Bernie Sanders announces bill to close loopholes Trump used to avoid paying taxes for 18 years
As anyone could predict, there was a reason Donald Trump was so adamant about not releasing his tax returns (which, FYI, every presidential candidate for the past 40 years, including Richard not-so-transparent Nixon, has done). That reason was that, as The New York Times reported last week, Trump has likely avoided paying taxes for roughly 18 years. On Tuesday, Vermont Senator Bernie Sanders announced a bill to close tax loopholes specifically used by Trump, which he plans to introduce in the next session of Congress.
“Special tax breaks and loopholes in a corrupt tax code enable billionaires and powerful corporations to avoid paying their fair share of taxes while sticking the burden on the middle class,” Sanders announced in a statement. “It’s time to create a tax system which is fair and which asks the wealthy and powerful to start paying their fair share of taxes.”
The New York Times reported that Trump avoided paying taxes primarily by claiming to have more than $916 million is losses in 1995, which could have allowed him to legally avoid paying federal income taxes for up to 18 years. The economic failures of three Trump casinos and an Atlantic City hotel in the 1990s were essentially what allowed Trump to claim those losses on his tax filings to offset future taxable income, Tax Policy Center analysts suggest. Given all that we know about Trump, it’s difficult to imagine the real estate mogul not taking full and complete advantage of this.
At any rate, in a not-so-subtle “fuck you” to Trump, Sanders’ plan would directly dismantle all possible escape routes for Trump in the future. By cutting the exemption for “passive loss rules” derived from the Tax Reform Act of 1986, Trump would no longer be able to offset losses from his real estate business in his personal tax returns.
Sanders would additionally shut down an exemption that allows real estate professionals to use losses against non-real estate income, in the year the losses are acquired and in earlier years too, as well as the “like-kind exchanges” loopholes that disproportionately benefit those in the real estate business by allowing them to avoid paying taxes on capital gains through selling properties and quickly reinvesting the money in another property.

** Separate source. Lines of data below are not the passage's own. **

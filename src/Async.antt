-- ===== src/Async.antt =====
-- src/async_rt.rs: the tasks, timers and ready queue of the virtual machine's event loop. The tasks live
-- in a store, and a handle is a number of it: two handles may be of one task. A coroutine is its number,
-- an `Instant` a number that grows with time.
pub mod Timers
pub mod Tasks
pub mod Queue
pub mod Turns
mod Tests
use raytask.Prelude.{
  ℕ, zero, suc, Bool, true, false, Option, none, some, List, [], ◌∷◌, ◌++◌, ◌==◌, leb,
  if◌then◌else◌, take, drop,
}
use raytask.Prelude.Text.{Str, codes}
use raytask.Value.{Value}

pub data TaskState : Type 0 where
  pending : TaskState
  ready : Value → TaskState
  failed : Str → TaskState

pub record TaskInner : Type 0 where
  pub state : TaskState
  pub waiters : List ℕ
  pub cancel_token : Option Value

abbrev pub Store : Type 0
Store = List TaskInner

unfoldable pub new_pending_with_token : Option Value → TaskInner
new_pending_with_token token = record { state = pending; waiters = []; cancel_token = token }

unfoldable pub new_pending : TaskInner
new_pending = new_pending_with_token none

unfoldable pub new_ready : Value → TaskInner
new_ready value = record { state = ready value; waiters = []; cancel_token = none }

abbrev pub is_settled : TaskState → Bool
is_settled pending = false
is_settled (ready value) = true
is_settled (failed message) = true

unfoldable pub is_ready : TaskInner → Bool
is_ready t = is_settled t.state

pub data Outcome : Type 0 where
  ok : Value → Outcome
  err : Str → Outcome

abbrev pub outcome : TaskState → Option Outcome
outcome pending = none
outcome (ready value) = some (ok value)
outcome (failed message) = some (err message)

unfoldable pub result : TaskInner → Option Outcome
result t = outcome t.state

-- The bodies of `complete_task` and `fail_task`: the task after it, and the waiters that are taken.
unfoldable pub settle : TaskState → TaskInner → TaskInner × List ℕ
settle state t =
    if is_settled t.state then (t, []) else (record t { state = state; waiters = [] }, t.waiters)

unfoldable pub contains : ℕ → List ℕ → Bool
contains id [] = false
contains id (x ∷ xs) = if x == id then true else contains id xs

unfoldable pub waiting : ℕ → TaskInner → TaskInner
waiting co_id t =
    if contains co_id t.waiters then t else record t { waiters = t.waiters ++ co_id ∷ [] }

-- `borrow_mut` on a handle; no handle of the program is out of range.
unfoldable pub with_task : (TaskInner → TaskInner × List ℕ) → (task : ℕ) → Store → Store × List ℕ
with_task f task [] = ([], [])
with_task f zero (t ∷ ts) = ((f t).0 ∷ ts, (f t).1)
with_task f (suc task) (t ∷ ts) = let r = with_task f task ts in (t ∷ r.0, r.1)

unfoldable pub complete_task : (task : ℕ) → Value → Store → Store × List ℕ
complete_task task value = with_task (settle (ready value)) task

unfoldable pub fail_task : (task : ℕ) → Str → Store → Store × List ℕ
fail_task task message = with_task (settle (failed message)) task

unfoldable pub cancel_task : (task : ℕ) → Store → Store × List ℕ
cancel_task task = fail_task task (codes "operation cancelled")

unfoldable pub add_waiter : (task co_id : ℕ) → Store → Store
add_waiter task co_id s = (with_task (λ t. (waiting co_id t, [])) task s).0

pub record TimerEntry : Type 0 where
  pub when : ℕ
  pub task : ℕ

-- `sort_by_key`, which is stable
unfoldable pub insert : TimerEntry → List TimerEntry → List TimerEntry
insert e [] = e ∷ []
insert e (x ∷ xs) = if leb e.when x.when then e ∷ x ∷ xs else x ∷ insert e xs

unfoldable pub sort_by_when : List TimerEntry → List TimerEntry
sort_by_when [] = []
sort_by_when (e ∷ es) = insert e (sort_by_when es)

-- `TimerQueue::push`
unfoldable pub push_timer : (when task : ℕ) → List TimerEntry → List TimerEntry
push_timer when task entries = sort_by_when (entries ++ record { when = when; task = task } ∷ [])

unfoldable pub next_deadline : List TimerEntry → Option ℕ
next_deadline [] = none
next_deadline (e ∷ es) = some e.when

-- `take_while(|entry| entry.when <= now).count()`
unfoldable pub count_due : (now : ℕ) → List TimerEntry → ℕ
count_due now [] = 0
count_due now (e ∷ es) = if leb e.when now then suc (count_due now es) else 0

-- The loop over the entries that are due.
unfoldable pub fire_all : List TimerEntry → Store → Store × List (ℕ × List ℕ)
fire_all [] s = (s, [])
fire_all (e ∷ es) s =
    let woken = complete_task e.task Value.null s in
    let rest = fire_all es woken.0 in (rest.0, (e.task, woken.1) ∷ rest.1)

-- The entries that stay, the store, and the tasks that were fired with their waiters.
unfoldable pub fire_due :
    (now : ℕ) → List TimerEntry → Store → List TimerEntry × (Store × List (ℕ × List ℕ))
fire_due now entries s =
    let due = count_due now entries in (drop due entries, fire_all (take due entries) s)

-- `ReadyQueue::push`
unfoldable pub push_ready : (id : ℕ) → List ℕ → List ℕ
push_ready id queue = if contains id queue then queue else queue ++ id ∷ []

-- `ReadyQueue::pop`
unfoldable pub pop_ready : List ℕ → Option ℕ × List ℕ
pop_ready [] = (none, [])
pop_ready (id ∷ queue) = (some id, queue)
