-- ===== src/Async/Queue.antt =====
-- `ReadyQueue` of src/async_rt.rs: a queue in which no coroutine stands twice.
use raytask.Prelude.{ℕ, ◌≡◌, refl, false, List, [], ◌∷◌, ◌++◌, arith, ◌==◌, Bool-cases, inl, inr}
use raytask.Async.{contains, push_ready, pop_ready}

-- No coroutine stands behind itself.
abbrev pub Distinct : List ℕ → Type 0
Distinct [] = Unit
Distinct (id ∷ ids) = (contains id ids ≡ false) × Distinct ids

-- What pushes and pops make of an empty queue.
pub data Queue : List ℕ → Type 0 where
  empty : Queue []
  push : {q : List ℕ} (id : ℕ) → Queue q → Queue (push_ready id q)
  pop : {q : List ℕ} → Queue q → Queue (pop_ready q).1

contains-snoc :
    (x id : ℕ) (q : List ℕ)
    → contains x q ≡ false
    → (id == x) ≡ false
    → contains x (q ++ id ∷ []) ≡ false
unfolding contains
contains-snoc x id [] h d = rw d refl
contains-snoc x id (y ∷ q) h d = let ih = contains-snoc x id q in ground arith

Distinct-snoc : (id : ℕ) (q : List ℕ) → contains id q ≡ false → Distinct q → Distinct (q ++ id ∷ [])
unfolding contains
Distinct-snoc id [] h d = (refl, tt)
Distinct-snoc id (y ∷ q) h d =
    let other : (id == y) ≡ false = ground arith in
    let rest : contains id q ≡ false = ground arith in
    (contains-snoc y id q d.0 other, Distinct-snoc id q rest d.1)

Distinct-push_ready : (id : ℕ) (q : List ℕ) → Distinct q → Distinct (push_ready id q)
unfolding push_ready
Distinct-push_ready id q d = elim (Bool-cases (contains id q)) [
  | inl there ↦ rw there d
  | inr new ↦ rw new (Distinct-snoc id q new d)
]

Distinct-pop_ready : (q : List ℕ) → Distinct q → Distinct (pop_ready q).1
unfolding pop_ready
Distinct-pop_ready [] d = tt
Distinct-pop_ready (id ∷ q) d = d.1

-- No coroutine is in the queue twice, after any sequence of pushes and pops.
pub Queue-Distinct : {q : List ℕ} → Queue q → Distinct q
Queue-Distinct empty = tt
Queue-Distinct (push {q} id b) = Distinct-push_ready id q (Queue-Distinct b)
Queue-Distinct (pop {q} b) = Distinct-pop_ready q (Queue-Distinct b)
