-- ===== src/Async/Timers.antt =====
-- `TimerQueue` of src/async_rt.rs: the queue stays in order, and exactly the timers that are due fire.
use mathlib.Core.Option.{some-injective}
use mathlib.Core.Path.{subst}
use mathlib.Core.List.{Perm, append-nil, perm_middle}
use mathlib.Core.List.Perm
use raytask.Prelude.{
  ℕ, zero, suc, ◌≤◌, ◌<◌, ◌≡◌, refl, sym, ap, ◌∙◌, false, some, List, [], ◌∷◌, ◌++◌, map, arith,
  leb, if◌then◌else◌, Bool-cases, inl, inr, All, take, drop,
}
use raytask.Async.{
  Store, TimerEntry, insert, sort_by_when, push_timer, next_deadline, count_due, fire_all, fire_due,
}

-- No timer before an earlier one.
abbrev pub Ordered : List TimerEntry → Type 0
Ordered [] = Unit
Ordered (e ∷ es) = All (λ x. e.when ≤ x.when) es × Ordered es

abbrev Later : ℕ → List TimerEntry → Type 0
Later n es = All (λ x. n ≤ x.when) es

Later-weaken : (m n : ℕ) (es : List TimerEntry) → m ≤ n → Later n es → Later m es
Later-weaken m n [] h l = tt
Later-weaken m n (e ∷ es) h l = (omega (arith, l.0), Later-weaken m n es h l.1)

Later-insert :
    (n : ℕ) (e : TimerEntry) (es : List TimerEntry)
    → n ≤ e.when
    → Later n es
    → Later n (insert e es)
unfolding insert
Later-insert n e [] h l = (h, tt)
Later-insert n e (x ∷ xs) h l = elim (Bool-cases (leb e.when x.when)) [
  | inl before ↦ rw (before, All) (h, l)
  | inr after ↦ rw (after, All) (l.0, Later-insert n e xs h l.1)
]

Ordered-insert : (e : TimerEntry) (es : List TimerEntry) → Ordered es → Ordered (insert e es)
unfolding insert
Ordered-insert e [] o = (tt, tt)
Ordered-insert e (x ∷ xs) o = elim (Bool-cases (leb e.when x.when)) [
  | inl before ↦
      let first : e.when ≤ x.when = ground arith in
      rw (before, Ordered) ((first, Later-weaken e.when x.when xs first o.0), o)
  | inr after ↦
      rw (after, Ordered) (Later-insert x.when e xs (ground arith) o.0, Ordered-insert e xs o.1)
]

Ordered-sort_by_when : (es : List TimerEntry) → Ordered (sort_by_when es)
unfolding sort_by_when
Ordered-sort_by_when [] = tt
Ordered-sort_by_when (e ∷ es) = Ordered-insert e (sort_by_when es) (Ordered-sort_by_when es)

-- The entries that an instant leaves, and those that it fires, in a specification that looks at every
-- entry.
abbrev pub after : ℕ → List TimerEntry → List TimerEntry
after now [] = []
after now (e ∷ es) = if leb e.when now then after now es else e ∷ after now es

abbrev pub until : ℕ → List TimerEntry → List TimerEntry
until now [] = []
until now (e ∷ es) = if leb e.when now then e ∷ until now es else until now es

none_due :
    (now n : ℕ) (es : List TimerEntry)
    → now < n
    → Later n es
    → (after now es ≡ es) × (until now es ≡ [])
none_due now n [] h l = (refl, refl)
none_due now n (e ∷ es) h l =
    let late : leb e.when now ≡ false = ground (arith, l.0) in
    let rest = none_due now n es h l.1 in rw (late, after, until) (ap (λ t. e ∷ t) rest.0, rest.1)

drop-count_due :
    (now : ℕ) (es : List TimerEntry) → Ordered es → drop (count_due now es) es ≡ after now es
unfolding count_due
drop-count_due now [] o = refl
drop-count_due now (e ∷ es) o = elim (Bool-cases (leb e.when now)) [
  | inl due ↦ rw (due, after) (drop-count_due now es o.1)
  | inr later ↦
      rw (later, after) (ap (λ t. e ∷ t) (sym (none_due now e.when es (ground arith) o.0).0))
]

pub take-count_due :
    (now : ℕ) (es : List TimerEntry) → Ordered es → take (count_due now es) es ≡ until now es
unfolding count_due
take-count_due now [] o = refl
take-count_due now (e ∷ es) o = elim (Bool-cases (leb e.when now)) [
  | inl due ↦ rw (due, until) (ap (λ t. e ∷ t) (take-count_due now es o.1))
  | inr later ↦ rw (later, until) (sym (none_due now e.when es (ground arith) o.0).1)
]

map-fire_all :
    (es : List TimerEntry) (s : Store) → map (λ r. r.0) (fire_all es s).1 ≡ map (λ e. e.task) es
unfolding fire_all
map-fire_all [] s = refl
map-fire_all (e ∷ es) s = ap (λ l. e.task ∷ l) (map-fire_all es _)

-- What the event loop can make of an empty queue.
pub data Timers : List TimerEntry → Type 0 where
  none_set : Timers []
  push : {es : List TimerEntry} (when task : ℕ) → Timers es → Timers (push_timer when task es)
  fire : {es : List TimerEntry} (now : ℕ) (s : Store) → Timers es → Timers (fire_due now es s).0

Ordered-drop : (n : ℕ) (es : List TimerEntry) → Ordered es → Ordered (drop n es)
Ordered-drop zero es o = o
Ordered-drop (suc n) [] o = tt
Ordered-drop (suc n) (e ∷ es) o = Ordered-drop n es o.1

-- The queue is in order after any sequence of pushes and firings.
pub Timers-Ordered : {es : List TimerEntry} → Timers es → Ordered es
unfolding push_timer fire_due
Timers-Ordered none_set = tt
Timers-Ordered (push when task t) = Ordered-sort_by_when _
Timers-Ordered (fire {es} now s t) = Ordered-drop (count_due now es) es (Timers-Ordered t)

-- On a queue that the event loop can have, `fire_due` fires the entries whose time has come, each of
-- them once and in their order, and leaves all others: it stops at the first entry that is not due, and
-- misses none by that.
pub fire_due_exact :
    (now : ℕ) (es : List TimerEntry) (s : Store)
    → Timers es
    → ((fire_due now es s).0 ≡ after now es)
      × (map (λ r. r.0) (fire_due now es s).1.1 ≡ map (λ e. e.task) (until now es))
unfolding fire_due
fire_due_exact now es s t =
    let o = Timers-Ordered t in
    (
      drop-count_due now es o,
      map-fire_all (take (count_due now es) es) s
          ∙ ap (map (λ e. e.task)) (take-count_due now es o),
    )

-- `next_deadline` is the time of an entry, and no entry is earlier.
pub next_deadline_first :
    (es : List TimerEntry) (n : ℕ)
    → Timers es
    → next_deadline es ≡ some n
    → All (λ e. n ≤ e.when) es
unfolding next_deadline
next_deadline_first [] n t h = tt
next_deadline_first (e ∷ es) n t h =
    let same : e.when ≡ n = some-injective _ _ h in
    (omega (arith, same), Later-weaken n e.when es (omega (arith, same)) (Timers-Ordered t).0)

-- After `fire_due`, the next deadline is still to come.
Later-after : (now : ℕ) (es : List TimerEntry) → All (λ e. now < e.when) (after now es)
Later-after now [] = tt
Later-after now (e ∷ es) = elim (Bool-cases (leb e.when now)) [
  | inl due ↦ rw (due, after, All) (Later-after now es)
  | inr later ↦ rw (later, after, All) (ground arith, Later-after now es)
]

pub fire_due_none_left :
    (now : ℕ) (es : List TimerEntry) (s : Store)
    → Timers es
    → All (λ e. now < e.when) (fire_due now es s).0
fire_due_none_left now es s t = rw (fire_due_exact now es s t).0 (Later-after now es)

insert-Perm : (e : TimerEntry) (es : List TimerEntry) → Perm (insert e es) (e ∷ es)
unfolding insert
insert-Perm e [] = Perm.refl _
insert-Perm e (x ∷ xs) = elim (Bool-cases (leb e.when x.when)) [
  | inl before ↦ rw before (Perm.refl (e ∷ x ∷ xs))
  | inr after ↦ rw after (Perm.trans (Perm.cons x (insert-Perm e xs)) (Perm.swap e x xs))
]

sort_by_when-Perm : (es : List TimerEntry) → Perm (sort_by_when es) es
unfolding sort_by_when
sort_by_when-Perm [] = Perm.refl []
sort_by_when-Perm (e ∷ es) =
    Perm.trans (insert-Perm e (sort_by_when es)) (Perm.cons e (sort_by_when-Perm es))

-- A push adds its entry and keeps all others.
pub push_timer-Perm :
    (when task : ℕ) (es : List TimerEntry)
    → Perm (push_timer when task es) (record { when = when; task = task } ∷ es)
unfolding push_timer
push_timer-Perm when task es = Perm.trans (sort_by_when-Perm _) (
    subst
      (λ l.
        Perm (es ++ record { when = when; task = task } ∷ [])
          (record { when = when; task = task } ∷ l))
      (append-nil es) (perm_middle es []))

Further, Sanders specifically notes in his press release that another exemption Trump thrived on allowed him to “borrow money to make an investment, take deductions for the interest he pays on the debt and take deductions if the property depreciates,” or basically “combine tax breaks for borrowing with tax breaks when an investment rapidly loses values,” which Sanders also addresses in his new bill.
Throughout the primary season, despite the fact that Trump was never really his opponent, Sanders consistently put the billionaire on blast for his exploitative and even down-right fraudulent business practices, so it’s no surprise Sanders is still trying to expose the hypocrisy of Trump quite literally claiming to be the richest man in the world while simultaneously evading taxes by claiming to lose millions of dollars. If the millions Trump has allegedly avoided paying for nearly two decades prove anything, it’s that plans like Sanders’ to close tax loopholes and breaks could raise a substantial amount of money for the country.